### ACTIVITY
Reproduce the entries shown below only from the line with "quantize_step = pos 500000;" down to the line with "let s' = configure settings service in", keeping both end lines and copying each one exactly.

(Stored data)
:::
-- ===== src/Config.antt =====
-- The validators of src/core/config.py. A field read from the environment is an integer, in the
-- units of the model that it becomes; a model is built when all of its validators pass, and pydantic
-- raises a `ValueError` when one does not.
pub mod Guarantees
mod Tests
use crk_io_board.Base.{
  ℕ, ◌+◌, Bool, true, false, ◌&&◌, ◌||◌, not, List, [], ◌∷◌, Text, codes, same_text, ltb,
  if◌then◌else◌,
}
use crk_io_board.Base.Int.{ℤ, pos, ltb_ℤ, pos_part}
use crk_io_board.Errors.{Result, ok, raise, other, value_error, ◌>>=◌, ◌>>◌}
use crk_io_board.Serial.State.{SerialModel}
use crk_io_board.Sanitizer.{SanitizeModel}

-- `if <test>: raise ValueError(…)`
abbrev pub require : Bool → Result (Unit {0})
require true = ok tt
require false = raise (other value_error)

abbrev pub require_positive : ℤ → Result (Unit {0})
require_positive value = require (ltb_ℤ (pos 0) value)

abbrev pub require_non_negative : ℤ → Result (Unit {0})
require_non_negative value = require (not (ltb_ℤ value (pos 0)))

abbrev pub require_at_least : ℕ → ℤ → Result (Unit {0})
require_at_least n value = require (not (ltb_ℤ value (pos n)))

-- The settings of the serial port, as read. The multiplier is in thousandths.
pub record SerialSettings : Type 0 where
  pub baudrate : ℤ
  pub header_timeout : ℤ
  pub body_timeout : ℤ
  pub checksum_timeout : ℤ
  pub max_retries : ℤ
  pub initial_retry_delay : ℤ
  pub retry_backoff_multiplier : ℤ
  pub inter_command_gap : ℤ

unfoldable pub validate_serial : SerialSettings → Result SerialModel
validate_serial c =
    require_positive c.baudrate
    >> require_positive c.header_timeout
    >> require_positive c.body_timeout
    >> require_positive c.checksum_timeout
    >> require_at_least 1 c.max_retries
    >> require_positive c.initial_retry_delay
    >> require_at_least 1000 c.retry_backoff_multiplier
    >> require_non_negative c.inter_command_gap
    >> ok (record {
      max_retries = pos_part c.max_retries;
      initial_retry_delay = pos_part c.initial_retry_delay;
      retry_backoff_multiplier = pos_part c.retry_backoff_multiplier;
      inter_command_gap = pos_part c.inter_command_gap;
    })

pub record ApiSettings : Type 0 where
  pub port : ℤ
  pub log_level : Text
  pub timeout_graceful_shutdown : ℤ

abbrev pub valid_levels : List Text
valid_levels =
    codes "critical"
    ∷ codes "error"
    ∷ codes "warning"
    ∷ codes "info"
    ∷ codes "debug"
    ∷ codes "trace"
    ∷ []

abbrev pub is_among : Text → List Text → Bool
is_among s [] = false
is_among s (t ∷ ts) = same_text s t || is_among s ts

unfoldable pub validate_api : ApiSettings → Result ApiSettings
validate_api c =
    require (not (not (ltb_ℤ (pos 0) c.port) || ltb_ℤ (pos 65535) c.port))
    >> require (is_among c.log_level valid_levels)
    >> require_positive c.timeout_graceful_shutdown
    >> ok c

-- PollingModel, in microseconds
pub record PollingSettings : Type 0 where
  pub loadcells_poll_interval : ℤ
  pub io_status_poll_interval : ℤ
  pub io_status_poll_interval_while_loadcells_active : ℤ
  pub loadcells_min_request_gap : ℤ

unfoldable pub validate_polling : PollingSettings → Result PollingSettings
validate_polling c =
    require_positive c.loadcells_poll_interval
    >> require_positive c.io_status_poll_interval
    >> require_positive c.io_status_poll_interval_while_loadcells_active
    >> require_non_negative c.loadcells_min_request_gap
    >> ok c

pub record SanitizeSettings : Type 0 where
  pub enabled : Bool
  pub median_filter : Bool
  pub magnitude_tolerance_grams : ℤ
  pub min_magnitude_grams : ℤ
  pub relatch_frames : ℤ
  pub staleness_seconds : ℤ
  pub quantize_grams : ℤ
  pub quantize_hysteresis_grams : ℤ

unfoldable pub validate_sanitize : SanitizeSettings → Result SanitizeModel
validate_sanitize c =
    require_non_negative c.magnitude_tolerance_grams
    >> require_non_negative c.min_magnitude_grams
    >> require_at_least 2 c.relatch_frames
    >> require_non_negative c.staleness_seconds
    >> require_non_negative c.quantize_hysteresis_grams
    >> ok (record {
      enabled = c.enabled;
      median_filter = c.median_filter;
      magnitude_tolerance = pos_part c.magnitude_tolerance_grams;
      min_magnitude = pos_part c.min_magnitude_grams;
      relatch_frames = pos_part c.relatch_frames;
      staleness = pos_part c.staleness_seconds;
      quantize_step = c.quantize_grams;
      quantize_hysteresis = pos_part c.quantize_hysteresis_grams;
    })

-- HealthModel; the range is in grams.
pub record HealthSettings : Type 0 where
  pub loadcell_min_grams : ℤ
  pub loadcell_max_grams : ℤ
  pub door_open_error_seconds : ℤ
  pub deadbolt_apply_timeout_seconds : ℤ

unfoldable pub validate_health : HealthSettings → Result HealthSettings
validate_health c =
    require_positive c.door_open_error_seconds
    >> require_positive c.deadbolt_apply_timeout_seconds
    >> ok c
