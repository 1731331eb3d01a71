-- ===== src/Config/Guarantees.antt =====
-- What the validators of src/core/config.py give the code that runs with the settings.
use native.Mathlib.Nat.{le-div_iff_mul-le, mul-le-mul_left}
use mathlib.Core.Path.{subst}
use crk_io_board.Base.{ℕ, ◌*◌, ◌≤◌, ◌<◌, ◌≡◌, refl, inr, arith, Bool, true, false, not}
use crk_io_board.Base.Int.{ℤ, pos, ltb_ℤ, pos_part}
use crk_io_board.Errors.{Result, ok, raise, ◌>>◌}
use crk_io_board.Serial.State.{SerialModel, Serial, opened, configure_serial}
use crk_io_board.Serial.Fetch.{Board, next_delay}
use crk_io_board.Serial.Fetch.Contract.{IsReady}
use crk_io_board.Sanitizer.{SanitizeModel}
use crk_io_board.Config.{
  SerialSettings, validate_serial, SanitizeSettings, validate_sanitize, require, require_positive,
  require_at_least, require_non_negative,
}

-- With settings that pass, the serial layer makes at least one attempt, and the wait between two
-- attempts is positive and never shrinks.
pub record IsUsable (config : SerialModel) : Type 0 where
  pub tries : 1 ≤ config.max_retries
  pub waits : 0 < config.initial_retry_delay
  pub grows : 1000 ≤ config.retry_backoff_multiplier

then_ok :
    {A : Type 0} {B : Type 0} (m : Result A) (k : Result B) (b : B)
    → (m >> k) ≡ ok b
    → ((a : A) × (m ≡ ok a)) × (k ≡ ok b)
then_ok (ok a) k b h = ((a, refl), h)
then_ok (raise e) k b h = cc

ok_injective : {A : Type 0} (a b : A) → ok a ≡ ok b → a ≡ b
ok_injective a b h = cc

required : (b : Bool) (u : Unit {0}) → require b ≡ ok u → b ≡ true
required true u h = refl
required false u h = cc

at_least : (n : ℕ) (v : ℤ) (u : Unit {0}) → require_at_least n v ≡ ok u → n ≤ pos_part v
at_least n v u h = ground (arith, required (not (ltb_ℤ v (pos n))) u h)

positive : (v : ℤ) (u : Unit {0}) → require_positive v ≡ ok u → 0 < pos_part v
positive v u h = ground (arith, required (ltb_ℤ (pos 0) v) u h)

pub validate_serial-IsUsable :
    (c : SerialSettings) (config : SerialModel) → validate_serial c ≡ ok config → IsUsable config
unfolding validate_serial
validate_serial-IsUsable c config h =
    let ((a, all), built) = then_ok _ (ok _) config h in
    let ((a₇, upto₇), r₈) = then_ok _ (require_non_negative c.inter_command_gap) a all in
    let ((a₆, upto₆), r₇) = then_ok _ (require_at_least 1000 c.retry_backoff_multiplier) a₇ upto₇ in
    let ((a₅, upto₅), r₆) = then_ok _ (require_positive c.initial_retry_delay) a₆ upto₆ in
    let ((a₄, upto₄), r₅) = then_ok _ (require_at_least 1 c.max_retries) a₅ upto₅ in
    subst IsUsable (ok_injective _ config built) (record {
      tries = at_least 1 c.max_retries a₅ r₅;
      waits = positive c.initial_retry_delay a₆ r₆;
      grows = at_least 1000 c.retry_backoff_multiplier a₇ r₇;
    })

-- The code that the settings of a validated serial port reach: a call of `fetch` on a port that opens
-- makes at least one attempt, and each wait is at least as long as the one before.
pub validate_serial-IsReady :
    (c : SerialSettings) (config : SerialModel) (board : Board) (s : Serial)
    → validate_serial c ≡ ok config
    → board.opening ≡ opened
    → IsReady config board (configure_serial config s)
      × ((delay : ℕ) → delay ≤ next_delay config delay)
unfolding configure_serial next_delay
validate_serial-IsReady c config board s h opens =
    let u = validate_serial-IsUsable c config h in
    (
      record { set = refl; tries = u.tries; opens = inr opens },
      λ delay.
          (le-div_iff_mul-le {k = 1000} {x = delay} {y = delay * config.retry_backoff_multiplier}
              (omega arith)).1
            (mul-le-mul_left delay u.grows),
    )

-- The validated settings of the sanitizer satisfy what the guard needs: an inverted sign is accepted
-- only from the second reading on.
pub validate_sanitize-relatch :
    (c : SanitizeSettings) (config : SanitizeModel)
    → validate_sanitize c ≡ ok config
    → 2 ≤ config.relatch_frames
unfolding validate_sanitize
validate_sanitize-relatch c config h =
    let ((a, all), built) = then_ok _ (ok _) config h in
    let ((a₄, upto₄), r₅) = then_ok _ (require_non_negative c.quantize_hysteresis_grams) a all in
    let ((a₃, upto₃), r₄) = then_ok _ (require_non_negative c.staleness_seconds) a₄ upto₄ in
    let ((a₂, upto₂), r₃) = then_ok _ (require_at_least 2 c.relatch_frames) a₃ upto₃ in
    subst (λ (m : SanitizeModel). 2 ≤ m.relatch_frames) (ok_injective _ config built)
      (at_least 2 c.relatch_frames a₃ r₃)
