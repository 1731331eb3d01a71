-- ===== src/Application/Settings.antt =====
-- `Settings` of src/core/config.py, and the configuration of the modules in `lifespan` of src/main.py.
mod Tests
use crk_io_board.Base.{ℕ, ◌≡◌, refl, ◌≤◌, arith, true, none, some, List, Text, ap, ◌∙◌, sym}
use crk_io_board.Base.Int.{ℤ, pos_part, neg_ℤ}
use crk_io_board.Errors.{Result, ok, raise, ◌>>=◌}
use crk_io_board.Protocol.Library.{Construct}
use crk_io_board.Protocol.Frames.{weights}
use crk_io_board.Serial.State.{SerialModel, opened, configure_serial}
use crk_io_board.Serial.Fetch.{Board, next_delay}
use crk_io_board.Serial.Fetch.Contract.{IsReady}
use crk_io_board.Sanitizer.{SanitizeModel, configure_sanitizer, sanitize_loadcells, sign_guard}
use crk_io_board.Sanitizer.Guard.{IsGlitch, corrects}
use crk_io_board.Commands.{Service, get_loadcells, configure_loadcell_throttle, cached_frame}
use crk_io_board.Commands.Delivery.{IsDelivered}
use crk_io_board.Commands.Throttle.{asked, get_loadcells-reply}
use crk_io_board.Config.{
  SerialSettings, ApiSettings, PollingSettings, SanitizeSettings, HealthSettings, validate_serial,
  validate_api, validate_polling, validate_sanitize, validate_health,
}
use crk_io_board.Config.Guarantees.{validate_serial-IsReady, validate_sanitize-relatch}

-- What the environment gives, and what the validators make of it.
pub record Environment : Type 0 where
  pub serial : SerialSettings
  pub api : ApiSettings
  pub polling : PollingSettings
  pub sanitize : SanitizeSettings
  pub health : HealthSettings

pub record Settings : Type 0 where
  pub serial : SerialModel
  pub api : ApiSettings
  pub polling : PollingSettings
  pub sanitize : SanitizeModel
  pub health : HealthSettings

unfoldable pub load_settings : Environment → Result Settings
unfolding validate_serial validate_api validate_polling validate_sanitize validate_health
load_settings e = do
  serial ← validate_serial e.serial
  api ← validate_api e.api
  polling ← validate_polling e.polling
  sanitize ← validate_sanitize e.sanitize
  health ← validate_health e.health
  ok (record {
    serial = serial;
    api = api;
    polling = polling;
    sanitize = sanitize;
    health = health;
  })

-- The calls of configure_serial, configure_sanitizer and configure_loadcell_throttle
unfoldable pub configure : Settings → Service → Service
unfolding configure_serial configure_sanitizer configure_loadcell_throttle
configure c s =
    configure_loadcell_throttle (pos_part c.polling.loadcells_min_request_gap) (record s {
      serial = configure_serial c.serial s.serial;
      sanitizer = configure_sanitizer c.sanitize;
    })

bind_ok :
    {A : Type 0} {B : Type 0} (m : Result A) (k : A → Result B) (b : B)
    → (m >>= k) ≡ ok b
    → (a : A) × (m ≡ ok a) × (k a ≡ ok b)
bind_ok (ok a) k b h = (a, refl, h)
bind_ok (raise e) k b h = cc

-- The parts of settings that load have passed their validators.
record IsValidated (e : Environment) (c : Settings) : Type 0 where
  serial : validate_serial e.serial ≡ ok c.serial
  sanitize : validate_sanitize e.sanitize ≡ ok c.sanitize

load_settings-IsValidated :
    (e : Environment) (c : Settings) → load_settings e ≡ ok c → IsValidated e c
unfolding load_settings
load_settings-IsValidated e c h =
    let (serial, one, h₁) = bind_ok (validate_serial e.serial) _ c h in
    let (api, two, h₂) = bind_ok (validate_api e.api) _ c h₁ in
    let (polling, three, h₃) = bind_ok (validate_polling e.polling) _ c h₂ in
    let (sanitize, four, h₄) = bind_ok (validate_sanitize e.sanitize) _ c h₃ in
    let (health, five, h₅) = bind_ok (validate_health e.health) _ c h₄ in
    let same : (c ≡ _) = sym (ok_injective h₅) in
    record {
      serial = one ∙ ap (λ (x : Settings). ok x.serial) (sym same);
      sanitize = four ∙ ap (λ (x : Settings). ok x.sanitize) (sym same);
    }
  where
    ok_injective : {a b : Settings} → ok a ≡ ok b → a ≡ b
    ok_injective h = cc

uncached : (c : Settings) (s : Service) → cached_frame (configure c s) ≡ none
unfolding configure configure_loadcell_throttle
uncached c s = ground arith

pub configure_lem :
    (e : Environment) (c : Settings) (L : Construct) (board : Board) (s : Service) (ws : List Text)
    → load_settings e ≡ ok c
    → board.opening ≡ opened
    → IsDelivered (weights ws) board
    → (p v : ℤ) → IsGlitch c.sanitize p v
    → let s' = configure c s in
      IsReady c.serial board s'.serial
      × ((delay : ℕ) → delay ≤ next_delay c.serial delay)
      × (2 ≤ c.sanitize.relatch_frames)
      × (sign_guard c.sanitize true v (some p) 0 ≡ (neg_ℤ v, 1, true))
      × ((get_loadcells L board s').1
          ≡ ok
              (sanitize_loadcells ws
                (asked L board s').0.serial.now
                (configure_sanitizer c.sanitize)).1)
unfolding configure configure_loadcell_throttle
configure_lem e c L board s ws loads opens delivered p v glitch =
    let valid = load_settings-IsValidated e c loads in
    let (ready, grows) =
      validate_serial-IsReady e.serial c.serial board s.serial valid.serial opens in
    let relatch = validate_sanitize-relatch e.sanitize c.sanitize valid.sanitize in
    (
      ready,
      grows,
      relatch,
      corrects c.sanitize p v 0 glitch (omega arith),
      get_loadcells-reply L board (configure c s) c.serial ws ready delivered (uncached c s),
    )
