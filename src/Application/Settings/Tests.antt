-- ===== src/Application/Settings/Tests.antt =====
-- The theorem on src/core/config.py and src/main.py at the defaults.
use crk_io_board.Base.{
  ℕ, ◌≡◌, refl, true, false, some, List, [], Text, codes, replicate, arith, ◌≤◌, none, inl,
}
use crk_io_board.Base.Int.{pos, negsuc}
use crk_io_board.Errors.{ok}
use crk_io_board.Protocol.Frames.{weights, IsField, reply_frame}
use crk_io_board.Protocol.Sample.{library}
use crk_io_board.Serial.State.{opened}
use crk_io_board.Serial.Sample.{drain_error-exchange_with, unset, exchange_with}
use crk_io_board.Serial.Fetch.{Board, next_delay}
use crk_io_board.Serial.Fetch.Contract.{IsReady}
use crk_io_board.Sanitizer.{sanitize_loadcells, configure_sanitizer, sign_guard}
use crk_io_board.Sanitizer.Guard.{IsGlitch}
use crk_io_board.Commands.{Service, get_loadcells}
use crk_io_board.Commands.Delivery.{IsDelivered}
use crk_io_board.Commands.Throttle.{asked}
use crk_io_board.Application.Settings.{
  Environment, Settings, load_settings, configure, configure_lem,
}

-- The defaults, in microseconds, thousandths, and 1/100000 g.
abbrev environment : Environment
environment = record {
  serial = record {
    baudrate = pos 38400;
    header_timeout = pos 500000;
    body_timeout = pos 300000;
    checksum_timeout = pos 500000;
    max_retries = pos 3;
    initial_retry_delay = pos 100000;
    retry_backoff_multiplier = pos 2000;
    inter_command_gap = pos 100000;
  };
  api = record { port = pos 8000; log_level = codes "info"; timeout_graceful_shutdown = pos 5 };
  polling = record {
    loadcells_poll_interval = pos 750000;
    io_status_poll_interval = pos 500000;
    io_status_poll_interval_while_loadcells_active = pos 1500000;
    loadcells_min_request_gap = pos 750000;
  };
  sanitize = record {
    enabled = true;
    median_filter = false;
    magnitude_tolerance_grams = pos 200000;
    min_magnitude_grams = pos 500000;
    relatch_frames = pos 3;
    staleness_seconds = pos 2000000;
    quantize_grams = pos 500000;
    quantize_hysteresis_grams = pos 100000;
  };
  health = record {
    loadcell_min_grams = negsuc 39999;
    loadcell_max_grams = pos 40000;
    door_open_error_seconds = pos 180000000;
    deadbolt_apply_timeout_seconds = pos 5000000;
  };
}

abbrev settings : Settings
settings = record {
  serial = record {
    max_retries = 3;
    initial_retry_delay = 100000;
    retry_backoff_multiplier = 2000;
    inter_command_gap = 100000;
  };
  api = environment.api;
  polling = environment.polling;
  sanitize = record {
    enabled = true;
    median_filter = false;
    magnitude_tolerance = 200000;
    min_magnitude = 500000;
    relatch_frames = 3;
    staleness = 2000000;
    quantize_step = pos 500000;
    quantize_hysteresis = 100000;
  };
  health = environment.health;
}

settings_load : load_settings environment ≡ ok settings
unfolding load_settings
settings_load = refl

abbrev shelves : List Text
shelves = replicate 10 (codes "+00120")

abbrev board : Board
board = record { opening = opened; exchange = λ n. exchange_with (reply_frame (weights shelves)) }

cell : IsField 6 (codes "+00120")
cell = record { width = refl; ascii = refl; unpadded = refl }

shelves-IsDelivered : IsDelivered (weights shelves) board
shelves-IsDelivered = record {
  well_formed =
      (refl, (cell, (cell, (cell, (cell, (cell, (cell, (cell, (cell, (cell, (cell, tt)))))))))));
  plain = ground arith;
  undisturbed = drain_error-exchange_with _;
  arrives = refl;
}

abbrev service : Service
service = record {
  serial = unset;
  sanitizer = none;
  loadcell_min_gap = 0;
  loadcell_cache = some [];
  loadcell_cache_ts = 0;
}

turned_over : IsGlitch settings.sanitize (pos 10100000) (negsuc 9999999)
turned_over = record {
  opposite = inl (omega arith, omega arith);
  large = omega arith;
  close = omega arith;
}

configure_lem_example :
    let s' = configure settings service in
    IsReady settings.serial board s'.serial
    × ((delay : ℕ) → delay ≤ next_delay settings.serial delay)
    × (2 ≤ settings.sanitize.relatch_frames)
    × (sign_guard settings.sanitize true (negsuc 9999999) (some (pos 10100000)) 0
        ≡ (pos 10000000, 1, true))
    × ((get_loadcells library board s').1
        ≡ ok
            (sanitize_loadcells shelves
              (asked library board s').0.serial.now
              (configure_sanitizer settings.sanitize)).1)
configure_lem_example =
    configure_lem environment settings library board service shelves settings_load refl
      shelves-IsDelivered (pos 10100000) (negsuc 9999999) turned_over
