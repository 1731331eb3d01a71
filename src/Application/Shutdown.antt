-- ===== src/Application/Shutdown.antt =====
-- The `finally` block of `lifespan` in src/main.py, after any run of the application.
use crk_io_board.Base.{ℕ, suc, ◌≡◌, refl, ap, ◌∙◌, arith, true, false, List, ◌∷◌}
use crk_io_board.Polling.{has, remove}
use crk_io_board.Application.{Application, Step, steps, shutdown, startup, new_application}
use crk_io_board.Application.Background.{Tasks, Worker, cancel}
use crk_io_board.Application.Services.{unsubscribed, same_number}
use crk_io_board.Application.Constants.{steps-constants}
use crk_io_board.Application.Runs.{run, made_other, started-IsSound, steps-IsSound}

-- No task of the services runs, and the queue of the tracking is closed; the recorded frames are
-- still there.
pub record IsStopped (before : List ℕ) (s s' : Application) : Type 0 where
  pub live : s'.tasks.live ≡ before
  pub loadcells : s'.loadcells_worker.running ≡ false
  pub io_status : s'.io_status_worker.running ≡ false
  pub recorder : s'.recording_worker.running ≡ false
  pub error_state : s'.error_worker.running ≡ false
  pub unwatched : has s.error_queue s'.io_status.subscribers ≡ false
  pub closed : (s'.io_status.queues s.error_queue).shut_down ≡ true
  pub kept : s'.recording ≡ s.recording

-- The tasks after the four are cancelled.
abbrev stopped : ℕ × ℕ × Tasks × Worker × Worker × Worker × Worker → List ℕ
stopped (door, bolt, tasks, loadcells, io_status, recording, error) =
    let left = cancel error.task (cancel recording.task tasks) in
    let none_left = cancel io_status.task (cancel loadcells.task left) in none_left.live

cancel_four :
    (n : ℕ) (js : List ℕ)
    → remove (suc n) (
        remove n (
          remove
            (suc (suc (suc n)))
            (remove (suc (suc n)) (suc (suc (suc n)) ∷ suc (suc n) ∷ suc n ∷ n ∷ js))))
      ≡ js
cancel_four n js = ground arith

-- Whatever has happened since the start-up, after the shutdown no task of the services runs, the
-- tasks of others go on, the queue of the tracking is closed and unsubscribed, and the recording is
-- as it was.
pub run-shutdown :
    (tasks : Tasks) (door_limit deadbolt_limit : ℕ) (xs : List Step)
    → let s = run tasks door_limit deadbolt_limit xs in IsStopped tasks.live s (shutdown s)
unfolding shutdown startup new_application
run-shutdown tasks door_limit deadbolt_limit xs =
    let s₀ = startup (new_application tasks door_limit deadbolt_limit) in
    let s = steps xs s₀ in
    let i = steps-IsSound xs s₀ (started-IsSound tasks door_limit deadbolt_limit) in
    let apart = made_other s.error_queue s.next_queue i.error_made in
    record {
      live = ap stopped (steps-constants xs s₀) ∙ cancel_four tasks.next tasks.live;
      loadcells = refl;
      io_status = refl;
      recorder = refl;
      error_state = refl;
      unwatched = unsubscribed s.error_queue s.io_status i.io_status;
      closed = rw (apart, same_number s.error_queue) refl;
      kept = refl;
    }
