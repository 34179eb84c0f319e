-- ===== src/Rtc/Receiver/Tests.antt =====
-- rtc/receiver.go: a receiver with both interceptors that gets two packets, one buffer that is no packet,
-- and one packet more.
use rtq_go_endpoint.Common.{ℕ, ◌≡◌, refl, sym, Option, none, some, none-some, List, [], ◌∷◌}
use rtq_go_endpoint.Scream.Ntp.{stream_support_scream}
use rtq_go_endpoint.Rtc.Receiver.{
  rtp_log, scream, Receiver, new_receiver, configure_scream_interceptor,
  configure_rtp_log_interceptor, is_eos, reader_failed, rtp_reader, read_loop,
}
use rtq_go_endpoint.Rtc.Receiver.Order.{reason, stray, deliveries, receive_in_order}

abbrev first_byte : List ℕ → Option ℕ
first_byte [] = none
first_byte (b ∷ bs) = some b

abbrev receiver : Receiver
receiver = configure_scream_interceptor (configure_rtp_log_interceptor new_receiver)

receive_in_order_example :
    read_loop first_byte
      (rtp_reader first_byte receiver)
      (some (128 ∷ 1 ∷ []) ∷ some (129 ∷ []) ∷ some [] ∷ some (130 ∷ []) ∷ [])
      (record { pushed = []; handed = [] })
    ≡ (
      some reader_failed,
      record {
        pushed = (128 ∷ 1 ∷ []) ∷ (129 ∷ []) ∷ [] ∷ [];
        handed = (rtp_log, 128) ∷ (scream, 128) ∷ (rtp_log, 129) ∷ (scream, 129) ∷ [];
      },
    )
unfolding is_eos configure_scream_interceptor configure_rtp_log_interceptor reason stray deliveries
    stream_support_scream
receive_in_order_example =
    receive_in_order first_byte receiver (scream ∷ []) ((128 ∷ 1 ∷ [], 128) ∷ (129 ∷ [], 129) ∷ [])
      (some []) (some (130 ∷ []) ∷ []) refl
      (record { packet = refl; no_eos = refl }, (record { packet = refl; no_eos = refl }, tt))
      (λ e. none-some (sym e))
:::
### FINISHED TASK
    quantize_step = pos 500000;
    quantize_hysteresis = 100000;
  };
  health = environment.health;
}

settings_load : load_settings environment ≡ ok settings
unfolding load_settings
settings_load = refl

abbrev shelves : List Text
shelves = replicate 10 (codes "+00120")

abbrev board : Board
board = record { opening = opened; exchange = λ n. exchange_with (reply_frame (weights shelves)) }

cell : IsField 6 (codes "+00120")
cell = record { width = refl; ascii = refl; unpadded = refl }

shelves-IsDelivered : IsDelivered (weights shelves) board
shelves-IsDelivered = record {
  well_formed =
      (refl, (cell, (cell, (cell, (cell, (cell, (cell, (cell, (cell, (cell, (cell, tt)))))))))));
  plain = ground arith;
  undisturbed = drain_error-exchange_with _;
  arrives = refl;
}

abbrev service : Service
service = record {
  serial = unset;
  sanitizer = none;
  loadcell_min_gap = 0;
  loadcell_cache = some [];
  loadcell_cache_ts = 0;
}

turned_over : IsGlitch settings.sanitize (pos 10100000) (negsuc 9999999)
turned_over = record {
  opposite = inl (omega arith, omega arith);
  large = omega arith;
  close = omega arith;
}

configure_lem_example :
    let s' = configure settings service in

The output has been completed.